(Stored data entries)
○ ○ ○ ○
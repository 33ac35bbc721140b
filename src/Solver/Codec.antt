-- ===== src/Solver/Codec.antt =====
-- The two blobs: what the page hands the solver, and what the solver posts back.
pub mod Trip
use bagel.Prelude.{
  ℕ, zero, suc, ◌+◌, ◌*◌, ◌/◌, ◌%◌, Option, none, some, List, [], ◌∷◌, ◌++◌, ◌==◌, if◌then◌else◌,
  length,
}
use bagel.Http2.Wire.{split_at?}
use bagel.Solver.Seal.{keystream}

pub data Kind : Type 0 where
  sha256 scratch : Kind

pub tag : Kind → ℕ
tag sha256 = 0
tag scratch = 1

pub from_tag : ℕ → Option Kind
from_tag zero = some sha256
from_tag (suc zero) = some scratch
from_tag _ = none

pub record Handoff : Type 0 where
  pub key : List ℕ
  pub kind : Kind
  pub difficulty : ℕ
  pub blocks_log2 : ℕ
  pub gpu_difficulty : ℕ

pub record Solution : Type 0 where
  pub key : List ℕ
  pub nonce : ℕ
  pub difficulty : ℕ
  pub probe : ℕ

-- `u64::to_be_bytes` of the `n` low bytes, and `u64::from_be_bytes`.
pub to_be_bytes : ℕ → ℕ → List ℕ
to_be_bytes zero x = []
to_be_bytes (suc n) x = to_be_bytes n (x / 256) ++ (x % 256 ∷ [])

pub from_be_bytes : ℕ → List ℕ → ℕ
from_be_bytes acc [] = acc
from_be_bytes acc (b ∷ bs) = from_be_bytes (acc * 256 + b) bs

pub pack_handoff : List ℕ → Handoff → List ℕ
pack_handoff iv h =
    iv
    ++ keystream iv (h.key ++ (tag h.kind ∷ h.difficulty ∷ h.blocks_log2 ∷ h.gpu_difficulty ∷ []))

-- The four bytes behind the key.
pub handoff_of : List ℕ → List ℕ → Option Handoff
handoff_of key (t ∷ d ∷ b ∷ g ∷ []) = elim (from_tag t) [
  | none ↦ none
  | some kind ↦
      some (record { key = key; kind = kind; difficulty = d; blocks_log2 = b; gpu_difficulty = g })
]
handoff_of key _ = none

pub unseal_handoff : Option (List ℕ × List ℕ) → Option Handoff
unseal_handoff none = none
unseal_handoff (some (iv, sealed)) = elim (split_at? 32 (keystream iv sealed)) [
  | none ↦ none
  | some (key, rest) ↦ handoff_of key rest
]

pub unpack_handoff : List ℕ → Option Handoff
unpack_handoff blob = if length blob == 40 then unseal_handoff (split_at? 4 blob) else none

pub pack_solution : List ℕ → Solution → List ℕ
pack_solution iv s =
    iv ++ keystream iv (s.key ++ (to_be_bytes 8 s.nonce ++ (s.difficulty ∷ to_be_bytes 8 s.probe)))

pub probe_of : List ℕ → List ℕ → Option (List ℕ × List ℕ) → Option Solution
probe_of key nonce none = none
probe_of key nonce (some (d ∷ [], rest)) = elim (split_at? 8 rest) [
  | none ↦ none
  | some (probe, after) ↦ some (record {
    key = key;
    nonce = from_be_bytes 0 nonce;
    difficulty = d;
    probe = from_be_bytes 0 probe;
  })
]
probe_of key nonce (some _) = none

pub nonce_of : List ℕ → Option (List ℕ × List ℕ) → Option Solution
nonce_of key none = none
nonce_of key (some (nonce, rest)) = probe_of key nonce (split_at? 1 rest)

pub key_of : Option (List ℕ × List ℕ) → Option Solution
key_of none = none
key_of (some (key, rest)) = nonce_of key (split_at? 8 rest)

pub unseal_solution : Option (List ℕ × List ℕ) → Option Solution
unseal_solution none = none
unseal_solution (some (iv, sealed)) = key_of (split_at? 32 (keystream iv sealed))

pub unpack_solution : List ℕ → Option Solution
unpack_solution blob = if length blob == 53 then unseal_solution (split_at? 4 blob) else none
○ ○ ○ ○
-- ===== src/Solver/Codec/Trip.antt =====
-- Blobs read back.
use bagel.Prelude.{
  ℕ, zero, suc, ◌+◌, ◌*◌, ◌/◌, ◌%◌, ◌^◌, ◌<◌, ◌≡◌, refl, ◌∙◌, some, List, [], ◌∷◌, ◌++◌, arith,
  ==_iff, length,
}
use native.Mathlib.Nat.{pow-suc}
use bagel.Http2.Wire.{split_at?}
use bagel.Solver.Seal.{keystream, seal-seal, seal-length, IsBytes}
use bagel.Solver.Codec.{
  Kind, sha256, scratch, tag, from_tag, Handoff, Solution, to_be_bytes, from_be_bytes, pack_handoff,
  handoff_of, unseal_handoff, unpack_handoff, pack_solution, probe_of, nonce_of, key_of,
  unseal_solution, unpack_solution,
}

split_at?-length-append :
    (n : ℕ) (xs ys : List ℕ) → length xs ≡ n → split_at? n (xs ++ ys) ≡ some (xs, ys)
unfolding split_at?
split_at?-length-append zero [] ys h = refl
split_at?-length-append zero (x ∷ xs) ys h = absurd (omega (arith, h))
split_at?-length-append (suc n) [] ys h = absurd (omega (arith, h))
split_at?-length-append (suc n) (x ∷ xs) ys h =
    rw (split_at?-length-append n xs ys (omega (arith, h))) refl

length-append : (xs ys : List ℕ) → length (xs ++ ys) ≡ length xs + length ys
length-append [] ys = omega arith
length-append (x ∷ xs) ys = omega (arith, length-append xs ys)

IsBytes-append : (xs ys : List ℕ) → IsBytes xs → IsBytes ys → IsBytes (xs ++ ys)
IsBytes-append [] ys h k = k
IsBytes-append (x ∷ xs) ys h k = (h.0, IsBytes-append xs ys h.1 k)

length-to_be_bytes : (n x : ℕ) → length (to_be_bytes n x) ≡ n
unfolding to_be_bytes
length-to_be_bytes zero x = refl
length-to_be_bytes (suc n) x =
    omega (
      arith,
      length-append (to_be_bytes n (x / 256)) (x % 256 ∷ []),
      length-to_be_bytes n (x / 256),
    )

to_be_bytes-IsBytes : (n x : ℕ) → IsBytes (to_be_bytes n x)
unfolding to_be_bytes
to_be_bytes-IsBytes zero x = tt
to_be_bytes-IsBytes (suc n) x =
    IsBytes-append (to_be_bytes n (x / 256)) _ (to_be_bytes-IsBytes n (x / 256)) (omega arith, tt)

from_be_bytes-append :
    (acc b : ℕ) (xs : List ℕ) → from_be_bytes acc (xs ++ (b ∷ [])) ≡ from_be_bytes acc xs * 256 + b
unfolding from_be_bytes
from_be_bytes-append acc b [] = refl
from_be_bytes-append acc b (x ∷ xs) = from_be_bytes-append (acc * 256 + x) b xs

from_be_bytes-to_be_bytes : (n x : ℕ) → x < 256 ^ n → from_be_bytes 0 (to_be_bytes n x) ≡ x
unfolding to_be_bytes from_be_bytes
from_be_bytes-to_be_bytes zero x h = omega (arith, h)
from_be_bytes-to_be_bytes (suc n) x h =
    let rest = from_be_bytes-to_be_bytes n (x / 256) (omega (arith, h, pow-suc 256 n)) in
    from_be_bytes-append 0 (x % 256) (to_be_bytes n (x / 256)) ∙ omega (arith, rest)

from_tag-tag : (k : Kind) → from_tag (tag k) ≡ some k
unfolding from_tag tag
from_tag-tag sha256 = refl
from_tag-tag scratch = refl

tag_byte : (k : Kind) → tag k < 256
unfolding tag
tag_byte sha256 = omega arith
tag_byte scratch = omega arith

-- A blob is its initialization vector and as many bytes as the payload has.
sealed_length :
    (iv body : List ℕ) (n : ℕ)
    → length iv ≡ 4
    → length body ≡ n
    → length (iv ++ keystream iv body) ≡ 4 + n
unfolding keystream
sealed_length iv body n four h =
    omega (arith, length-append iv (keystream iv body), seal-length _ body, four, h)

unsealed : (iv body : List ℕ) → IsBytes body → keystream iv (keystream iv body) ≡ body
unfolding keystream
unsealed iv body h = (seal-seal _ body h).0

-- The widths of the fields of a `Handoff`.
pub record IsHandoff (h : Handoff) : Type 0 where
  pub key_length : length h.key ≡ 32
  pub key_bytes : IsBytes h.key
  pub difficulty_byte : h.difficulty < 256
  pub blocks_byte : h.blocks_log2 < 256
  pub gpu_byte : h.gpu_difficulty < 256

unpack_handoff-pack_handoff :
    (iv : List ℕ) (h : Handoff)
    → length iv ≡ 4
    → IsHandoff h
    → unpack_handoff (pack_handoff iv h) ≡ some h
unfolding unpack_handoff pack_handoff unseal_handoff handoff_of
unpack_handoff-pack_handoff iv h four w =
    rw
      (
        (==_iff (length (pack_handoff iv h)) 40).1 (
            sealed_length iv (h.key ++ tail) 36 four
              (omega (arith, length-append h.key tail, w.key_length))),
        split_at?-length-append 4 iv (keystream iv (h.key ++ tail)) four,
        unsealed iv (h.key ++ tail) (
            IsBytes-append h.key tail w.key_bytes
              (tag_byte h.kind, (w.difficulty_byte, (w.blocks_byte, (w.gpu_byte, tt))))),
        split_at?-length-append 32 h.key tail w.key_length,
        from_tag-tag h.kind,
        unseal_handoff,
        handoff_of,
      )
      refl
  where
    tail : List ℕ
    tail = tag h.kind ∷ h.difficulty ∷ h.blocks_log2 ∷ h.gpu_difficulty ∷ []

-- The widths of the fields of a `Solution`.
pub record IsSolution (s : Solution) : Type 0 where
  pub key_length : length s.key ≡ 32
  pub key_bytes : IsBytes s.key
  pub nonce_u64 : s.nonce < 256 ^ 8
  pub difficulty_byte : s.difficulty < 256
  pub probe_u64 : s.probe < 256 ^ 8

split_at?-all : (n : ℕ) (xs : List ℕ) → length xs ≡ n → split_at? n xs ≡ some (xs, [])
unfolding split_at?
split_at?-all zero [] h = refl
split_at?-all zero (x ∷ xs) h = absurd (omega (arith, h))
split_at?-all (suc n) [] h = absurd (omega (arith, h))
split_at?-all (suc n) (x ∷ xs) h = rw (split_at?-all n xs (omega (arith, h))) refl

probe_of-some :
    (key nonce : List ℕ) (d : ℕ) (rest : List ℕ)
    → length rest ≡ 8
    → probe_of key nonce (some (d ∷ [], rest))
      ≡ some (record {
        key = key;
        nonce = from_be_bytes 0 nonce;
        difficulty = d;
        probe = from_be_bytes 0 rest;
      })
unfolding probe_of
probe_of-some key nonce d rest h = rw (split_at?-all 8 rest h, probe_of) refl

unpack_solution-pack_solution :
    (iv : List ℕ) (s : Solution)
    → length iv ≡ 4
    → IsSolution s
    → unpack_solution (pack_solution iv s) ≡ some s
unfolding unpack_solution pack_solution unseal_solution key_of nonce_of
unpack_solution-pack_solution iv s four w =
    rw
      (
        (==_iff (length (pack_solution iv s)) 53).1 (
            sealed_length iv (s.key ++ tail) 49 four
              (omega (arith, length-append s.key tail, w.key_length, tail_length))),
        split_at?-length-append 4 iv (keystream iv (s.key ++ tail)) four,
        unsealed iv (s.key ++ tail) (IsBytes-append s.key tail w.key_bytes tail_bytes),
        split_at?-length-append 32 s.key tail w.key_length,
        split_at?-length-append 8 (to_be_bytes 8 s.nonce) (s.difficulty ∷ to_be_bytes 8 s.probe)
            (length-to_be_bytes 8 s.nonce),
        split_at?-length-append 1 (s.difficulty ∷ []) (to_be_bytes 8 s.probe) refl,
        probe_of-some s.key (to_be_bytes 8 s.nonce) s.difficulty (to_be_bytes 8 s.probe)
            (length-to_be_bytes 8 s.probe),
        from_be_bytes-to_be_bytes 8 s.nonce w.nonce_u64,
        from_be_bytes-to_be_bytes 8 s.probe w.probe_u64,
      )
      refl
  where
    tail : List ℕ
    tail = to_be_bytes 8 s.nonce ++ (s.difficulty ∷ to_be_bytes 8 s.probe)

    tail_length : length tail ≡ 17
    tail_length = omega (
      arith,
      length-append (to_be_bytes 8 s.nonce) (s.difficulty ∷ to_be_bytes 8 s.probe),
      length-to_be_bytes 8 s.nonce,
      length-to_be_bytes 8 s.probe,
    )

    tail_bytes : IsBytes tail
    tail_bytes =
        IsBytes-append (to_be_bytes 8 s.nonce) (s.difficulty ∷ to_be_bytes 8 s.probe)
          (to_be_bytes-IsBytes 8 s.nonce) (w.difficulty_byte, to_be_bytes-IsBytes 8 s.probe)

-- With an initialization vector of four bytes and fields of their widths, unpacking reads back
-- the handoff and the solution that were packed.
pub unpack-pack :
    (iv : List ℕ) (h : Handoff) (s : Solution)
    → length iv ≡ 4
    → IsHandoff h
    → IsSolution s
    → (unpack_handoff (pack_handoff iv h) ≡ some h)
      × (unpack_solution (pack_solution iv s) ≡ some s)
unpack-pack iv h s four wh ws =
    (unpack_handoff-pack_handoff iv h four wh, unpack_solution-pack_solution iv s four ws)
○ ○ ○ ○
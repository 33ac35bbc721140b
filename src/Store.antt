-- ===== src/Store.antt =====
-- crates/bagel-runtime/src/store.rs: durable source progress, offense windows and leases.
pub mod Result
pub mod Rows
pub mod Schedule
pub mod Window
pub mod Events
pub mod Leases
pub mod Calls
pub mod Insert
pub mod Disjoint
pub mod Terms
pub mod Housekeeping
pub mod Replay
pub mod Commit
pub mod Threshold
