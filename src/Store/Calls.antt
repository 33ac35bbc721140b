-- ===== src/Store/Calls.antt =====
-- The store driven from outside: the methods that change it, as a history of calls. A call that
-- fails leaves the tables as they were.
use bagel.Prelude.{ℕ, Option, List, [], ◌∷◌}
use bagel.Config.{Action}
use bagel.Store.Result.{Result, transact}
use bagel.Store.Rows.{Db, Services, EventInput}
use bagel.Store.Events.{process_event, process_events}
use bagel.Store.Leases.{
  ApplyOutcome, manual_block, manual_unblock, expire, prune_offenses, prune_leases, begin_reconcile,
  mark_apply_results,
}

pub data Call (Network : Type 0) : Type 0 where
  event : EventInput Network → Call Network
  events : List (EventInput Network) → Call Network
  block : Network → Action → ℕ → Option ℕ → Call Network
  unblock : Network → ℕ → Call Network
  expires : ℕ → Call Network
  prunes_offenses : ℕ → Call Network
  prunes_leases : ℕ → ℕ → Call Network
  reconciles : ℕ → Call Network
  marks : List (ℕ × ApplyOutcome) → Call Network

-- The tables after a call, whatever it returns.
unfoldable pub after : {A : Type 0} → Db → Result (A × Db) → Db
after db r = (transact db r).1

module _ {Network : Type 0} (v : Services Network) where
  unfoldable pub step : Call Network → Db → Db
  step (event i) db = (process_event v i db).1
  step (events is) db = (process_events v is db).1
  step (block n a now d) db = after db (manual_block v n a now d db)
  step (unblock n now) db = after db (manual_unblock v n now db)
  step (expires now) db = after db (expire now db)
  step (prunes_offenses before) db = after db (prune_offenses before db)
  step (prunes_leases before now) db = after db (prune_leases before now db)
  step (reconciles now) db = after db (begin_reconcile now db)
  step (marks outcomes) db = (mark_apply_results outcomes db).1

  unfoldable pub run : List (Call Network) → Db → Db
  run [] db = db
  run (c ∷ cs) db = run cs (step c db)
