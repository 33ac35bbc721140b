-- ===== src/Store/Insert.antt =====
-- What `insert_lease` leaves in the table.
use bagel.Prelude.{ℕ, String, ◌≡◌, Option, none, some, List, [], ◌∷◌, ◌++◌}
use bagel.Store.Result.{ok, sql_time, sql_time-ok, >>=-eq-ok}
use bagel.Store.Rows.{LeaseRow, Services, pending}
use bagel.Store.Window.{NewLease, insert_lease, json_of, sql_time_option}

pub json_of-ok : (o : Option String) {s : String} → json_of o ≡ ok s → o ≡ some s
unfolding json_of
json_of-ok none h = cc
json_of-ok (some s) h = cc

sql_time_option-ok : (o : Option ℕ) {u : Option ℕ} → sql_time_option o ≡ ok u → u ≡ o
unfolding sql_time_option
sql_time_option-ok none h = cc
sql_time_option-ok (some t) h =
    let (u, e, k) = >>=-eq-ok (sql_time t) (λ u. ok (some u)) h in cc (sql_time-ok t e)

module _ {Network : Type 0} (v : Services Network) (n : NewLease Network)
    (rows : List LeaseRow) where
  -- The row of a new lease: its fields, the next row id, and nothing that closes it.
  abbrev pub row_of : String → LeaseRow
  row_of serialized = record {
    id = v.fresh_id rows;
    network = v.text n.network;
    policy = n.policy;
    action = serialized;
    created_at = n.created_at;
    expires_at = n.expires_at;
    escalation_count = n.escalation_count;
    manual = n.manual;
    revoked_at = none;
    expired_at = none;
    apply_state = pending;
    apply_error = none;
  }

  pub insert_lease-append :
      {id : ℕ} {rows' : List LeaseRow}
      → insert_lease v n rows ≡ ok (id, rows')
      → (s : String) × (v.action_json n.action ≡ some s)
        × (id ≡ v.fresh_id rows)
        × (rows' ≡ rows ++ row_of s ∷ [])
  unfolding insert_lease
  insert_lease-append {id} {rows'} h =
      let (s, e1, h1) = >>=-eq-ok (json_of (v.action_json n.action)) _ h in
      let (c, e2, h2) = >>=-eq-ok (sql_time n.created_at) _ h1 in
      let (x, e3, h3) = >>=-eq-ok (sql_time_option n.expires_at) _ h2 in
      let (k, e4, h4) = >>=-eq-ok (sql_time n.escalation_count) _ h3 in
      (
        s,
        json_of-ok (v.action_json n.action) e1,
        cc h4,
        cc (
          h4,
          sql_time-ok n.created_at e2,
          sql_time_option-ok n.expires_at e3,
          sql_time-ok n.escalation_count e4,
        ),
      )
○ ○ ○ ○
# TASK TO COMPLETE
Going back over the entries above, copy word for word every line from the one that has "unfoldable pub run" on through the one that has "sql_time_option-ok (some t)".

# REPLY TO THE EXERCISE
  unfoldable pub run : List (Call Network) → Db → Db
  run [] db = db
  run (c ∷ cs) db = run cs (step c db)
repository 33ac35bbc721140b
-- ===== src/Store/Insert.antt =====
-- What `insert_lease` leaves in the table.
use bagel.Prelude.{ℕ, String, ◌≡◌, Option, none, some, List, [], ◌∷◌, ◌++◌}
use bagel.Store.Result.{ok, sql_time, sql_time-ok, >>=-eq-ok}
use bagel.Store.Rows.{LeaseRow, Services, pending}
use bagel.Store.Window.{NewLease, insert_lease, json_of, sql_time_option}

pub json_of-ok : (o : Option String) {s : String} → json_of o ≡ ok s → o ≡ some s
unfolding json_of
json_of-ok none h = cc
json_of-ok (some s) h = cc

sql_time_option-ok : (o : Option ℕ) {u : Option ℕ} → sql_time_option o ≡ ok u → u ≡ o
unfolding sql_time_option
sql_time_option-ok none h = cc
sql_time_option-ok (some t) h =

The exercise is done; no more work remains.